I’ve learned a few things to bring that help me to survive the various trials and tribulations of conferences and emerge feeling somewhat less broken.


The number one thing I recommend everyone bring to a conference is a refillable water bottle. There will generally be lots of sources of water throughout the conference, and you will almost always get teeny tiny plastic cups to drink it from. As well as making it very hard to get enough water, this is also not great for the environment. Bringing a water bottle you can refill helps you get enough water whenever you want it, and helps the environment too.

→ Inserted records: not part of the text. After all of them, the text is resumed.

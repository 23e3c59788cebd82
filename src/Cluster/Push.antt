-- ===== src/Cluster/Push.antt =====
-- src/agent/agent.cc, Push, and src/server/server.cc, ServePush: a message of an agent at the server
-- that it goes to.
use plug_in_ml.Base.{
  ℕ, suc, ◌≤◌, ◌<◌, ◌≡◌, refl, ◌∙◌, some, List, [], ◌∷◌, ℤ, get_elem?, length, All, inl, inr,
  lookup, ◌++◌, none, ap, ==ℤ→eq, Bool-cases, if◌then◌else◌, ◌==ℤ◌,
}
use mathlib.Core.Path.{subst}
use plug_in_ml.Message.{Addr, Message, ConfigMessage}
use plug_in_ml.Floats.{FloatOps}
use plug_in_ml.Partition.Owner.{IsPartition}
use plug_in_ml.Partition.Runs.{Run}
use plug_in_ml.Agent.State.{Agent, ShmStruct, used_keys}
use plug_in_ml.Agent.Push.{request_message, push_message, push}
use plug_in_ml.Agent.Blocks.{Blocks, block, finished}
use plug_in_ml.Agent.Deliver.{IsGradient, push-Delivers}
use plug_in_ml.Server.Serving.{IsServing}
use plug_in_ml.Server.Handle.{start}
use plug_in_ml.Server.Steps.{Expected, a_push, start-IsServing}
use plug_in_ml.Server.State.{Server}
use plug_in_ml.Server.Range.{IsSpread}
use plug_in_ml.Cluster.Segment.{HasPlace, run_request, Run-Fits}

-- The messages for one node, in the order in which they were sent.
pub sent_to : {F : Type 0} → ℤ → List (ℤ × Message F) → List (Message F)
sent_to id [] = []
sent_to id ((dst, msg) ∷ rest) =
    let more = sent_to id rest in if dst ==ℤ id then msg ∷ more else more

-- The server at place `i` of the configuration that the agent has, before the last place; no other
-- server has its id, and the agent is not one of the servers.
pub record IsPeer {F : Type 0} (config : ConfigMessage) (agent : Agent F) (i : ℕ) (server_id : ℤ)
    (s : Server F) : Type 0 where
  pub spread : IsSpread config
  pub same_parts : agent.partition.part_vec ≡ config.partition
  pub inner : suc i < config.server_num
  pub has_place : HasPlace config i s
  pub only_place : (j : ℕ) → get_elem? agent.server_ids j ≡ some server_id → j ≡ i
  pub no_server : lookup agent.local_id s.servers ≡ none

module _ {F : Type 0} where
  block-Expected :
      (config : ConfigMessage) (agent : Agent F) (d : ShmStruct F) (s : Server F)
      (start_index stop i : ℕ) (server_id dst : ℤ)
      → IsPeer config agent i server_id s
      → d.size ≤ length d.keys
      → d.size ≤ length d.values
      → Run agent.partition (used_keys d) start_index stop i
      → Expected s (push_message agent.local_id d start_index stop dst)
  unfolding request_message
  block-Expected config agent d s start_index stop i server_id dst peer nk nv run =
      a_push (run_request d start_index stop) peer.no_server refl refl refl (
        Run-Fits config agent.partition d s start_index stop i peer.spread peer.same_parts
          peer.has_place peer.inner nk nv run)

  Blocks-Expected :
      (config : ConfigMessage) (agent : Agent F) (d : ShmStruct F) (s : Server F) (i : ℕ)
      (server_id : ℤ) (start_index : ℕ) (messages : List (ℤ × Message F))
      → IsPeer config agent i server_id s
      → d.size ≤ length d.keys
      → d.size ≤ length d.values
      → Blocks agent.partition agent.server_ids agent.local_id d start_index messages
      → All (Expected s) (sent_to server_id messages)
  unfolding sent_to
  Blocks-Expected config agent d s i server_id start_index [] peer nk nv (finished _ e) = tt
  Blocks-Expected config agent d s i server_id start_index _ peer nk nv
        (block _ stop j dst rest run id more) =
      let tail = Blocks-Expected config agent d s i server_id stop rest peer nk nv more in
      elim (Bool-cases (dst ==ℤ server_id)) [
        | inl same ↦
            let place = peer.only_place j (id ∙ ap some (==ℤ→eq dst server_id same)) in
            let owned = subst (Run agent.partition (used_keys d) start_index stop) place run in
            rw same (
              block-Expected config agent d s start_index stop i server_id dst peer nk nv owned,
              tail,
            )
        | inr other ↦ rw other tail
      ]

module _ {F : Type 0} ⦃ops : FloatOps F⦄ where
  -- An agent's `Push` of gradients without a key twice, and a server that serves, at a place before
  -- the last one of the configuration that both have: the push succeeds, and the server handles all
  -- messages that come to it from this push, reads nothing out of range, and serves on.
  pub push-start :
      (zmq_close : Addr → ℤ) (config : ConfigMessage) (agent : Agent F) (i : ℕ) (server_id : ℤ)
      (s : Server F)
      → IsPartition agent.partition
      → length agent.server_ids ≡ agent.partition.server_num
      → IsGradient agent.partition.key_range agent.gradients
      → IsPeer config agent i server_id s
      → IsServing s
      → (agent' : Agent F) × (messages : List (ℤ × Message F)) × (push agent ≡ some agent')
        × (agent'.sender.sent ≡ agent.sender.sent ++ messages)
        × ((s' : Server F) × (start zmq_close s (sent_to server_id messages) ≡ some s')
            × IsServing s')
  push-start zmq_close config agent i server_id s v ids g peer serving =
      let pushed = push-Delivers agent v ids g in
      let d = pushed.0 in
      let messages = pushed.1 in
      let sent = pushed.3 in
      let done = start-IsServing zmq_close s (sent_to server_id messages) serving (
        Blocks-Expected config agent d s i server_id 0 messages peer sent.some_keys sent.some_values
          sent.blocks) in
      (_, messages, pushed.2, refl, (done.0, done.1, done.2))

I use this Siggs classic traveller bottle. It’s extremely basic, but I’m a big fan. That said, you don’t really need a water bottle to be fancy and almost anything works.

Hint to conference organisers: Water bottles make great swag. I’ve seen them given out at Europython and I’ve seen a few DjangoCon Europe ones floating around, and they’ll be well received and will make your conference attendees healthier and happier.


Whenever you are on someone else’s meal schedule it’s basically a recipe for getting hangry. A meal will be too late, or too early and thus leave too long before the next meal, etc. The breaks might have snacks in them, but they’ll be something that’s basically white flour and sugar and so they’ll perk you up a bit and then half an hour later you’ll sugar crash and be back to where you started.

I really like these Cliff Bars (note: Contains mostly peanuts. Avoid if you have a peanut allergy, and be considerate of the people around you. There are also non-nut protein bars that should work well. I’ve used these chocolate protein bars before and they’re… OK). They contain sugar for the immediate pick me up and fat and protein for the long-term stability. They’re also reasonably tasty.

Occasionally if I’m too exhausted at the end of the day to deal properly I will retreat to my hotel room and a protein bar becomes dinner. It’s not the healthiest of dinners, but it works.

Handling Crowds

Conferences are noisy places. Not so much in the talks, but in the social and the hallway tracks you’ll be surrounded by an onslaught of background noise. The amount of socialization going on around you makes it really hard to hear and talk to the people you’re actually trying to socialize with! Fortunately there’s a solution to this: Musicians’ Earplugs. They will cut out the background noise much more than the conversational noise and you’ll be able to hear again. It’s amazing. I use these ACS hearing protectors.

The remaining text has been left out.